Count how many lines in the entries below hold "taken". Only the number belongs in the answer.

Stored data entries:
***

-- ===== src/Access/Limiter/Bucket.antt =====
-- What one consumption takes from a bucket, against what the bucket may yield.
use mathlib.Core.Path.{ap, subst, ◌∙◌}
use release_engine.Prelude.{
  ℕ, ◌≡◌, ◌≤◌, ◌+◌, ◌-◌, ◌*◌, Bool, Option, none, some, arith, if◌then◌else◌,
}
use release_engine.Access.Limiter.{TokenBucket, one_token, refilled, consume}

abbrev pub cost : Bool → ℕ
cost taken = if taken then one_token else 0

consume_bound :
    (now : ℕ) (b : TokenBucket)
    → cost (consume now b).1 + (consume now b).0.tokens
      ≤ b.tokens + b.refill * (now - b.last_refill)
unfolding consume refilled
consume_bound now b = ground arith

consume_cap : (now : ℕ) (b : TokenBucket) → (consume now b).0.tokens ≤ b.capacity
unfolding consume refilled
consume_cap now b = ground arith

mul_sum : (r x y : ℕ) → r * x + r * y ≡ r * (x + y)
mul_sum r x y = omega arith

pub elapsed : (r a b c : ℕ) → a ≤ b → b ≤ c → r * (b - a) + r * (c - b) ≡ r * (c - a)
elapsed r a b c h k =
    let whole : (b - a) + (c - b) ≡ c - a = omega arith in
    mul_sum r (b - a) (c - b) ∙ ap (λ x. r * x) whole

-- What a tenant with this bucket may still draw at `from`.
abbrev pub drawable : (capacity refill from : ℕ) → Option TokenBucket → ℕ
drawable capacity refill from none = capacity
drawable capacity refill from (some b) = b.tokens + refill * (from - b.last_refill)

abbrev pub IsSound : (capacity refill from : ℕ) → Option TokenBucket → Type 0
IsSound capacity refill from none = Unit
IsSound capacity refill from (some b) =
    (b.capacity ≡ capacity) × (b.refill ≡ refill) × (b.last_refill ≤ from)

-- The bucket of `GetBucket`.
abbrev pub opened_bucket : (capacity refill opened : ℕ) → Option TokenBucket → TokenBucket
opened_bucket capacity refill opened none = record {
  tokens = capacity;
  capacity = capacity;
  refill = refill;
  last_refill = opened;
}
opened_bucket capacity refill opened (some b) = b

consume_last : (now : ℕ) (b : TokenBucket) → (consume now b).0.last_refill ≡ now
unfolding consume
consume_last now b = ground arith

none_yet : (r now : ℕ) → r * (now - now) ≡ 0
none_yet r now =
    let same : now ≤ now = omega arith in omega (arith, elapsed r now now now same same)

pub draw_own :
    (capacity refill from opened now : ℕ) (o : Option TokenBucket)
    → from ≤ opened
    → opened ≤ now
    → IsSound capacity refill from o
    → let (b, taken) = consume now (opened_bucket capacity refill opened o) in
      cost taken + drawable capacity refill now (some b)
      ≤ drawable capacity refill from o + refill * (now - from)
draw_own capacity refill from opened now none h k s =
    let b = opened_bucket capacity refill opened none in
    rw consume_last
      (omega (arith, consume_bound now b, elapsed refill from opened now h k, none_yet refill now))
draw_own capacity refill from opened now (some b) h k (caps, refills, last) =
    let later : from ≤ now = omega arith in
    let bound : cost (consume now b).1 + (consume now b).0.tokens
        ≤ b.tokens + refill * (now - b.last_refill) =
      subst
        (λ r.
          cost (consume now b).1 + (consume now b).0.tokens ≤ b.tokens + r * (now - b.last_refill))
        refills (consume_bound now b) in
    rw consume_last
      (omega (arith, bound, elapsed refill b.last_refill from now last later, none_yet refill now))

pub draw_foreign :
    (capacity refill from now : ℕ) (o : Option TokenBucket)
    → from ≤ now
    → IsSound capacity refill from o
    → drawable capacity refill now o ≤ drawable capacity refill from o + refill * (now - from)
draw_foreign capacity refill from now none h s = omega arith
draw_foreign capacity refill from now (some b) h (caps, refills, last) =
    omega (arith, elapsed refill b.last_refill from now last h)

pub consume-IsSound :
    (capacity refill from opened now : ℕ) (o : Option TokenBucket)
    → IsSound capacity refill from o
    → IsSound capacity refill now (some (consume now (opened_bucket capacity refill opened o)).0)
unfolding consume
consume-IsSound capacity refill from opened now none s = ground arith
consume-IsSound capacity refill from opened now (some b) s = ground (arith, s)

pub IsSound-later :
    (capacity refill from now : ℕ) (o : Option TokenBucket)
    → from ≤ now
    → IsSound capacity refill from o
    → IsSound capacity refill now o
IsSound-later capacity refill from now none h s = tt
IsSound-later capacity refill from now (some b) h (caps, refills, last) =
    (caps, refills, omega arith)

***

Result below
3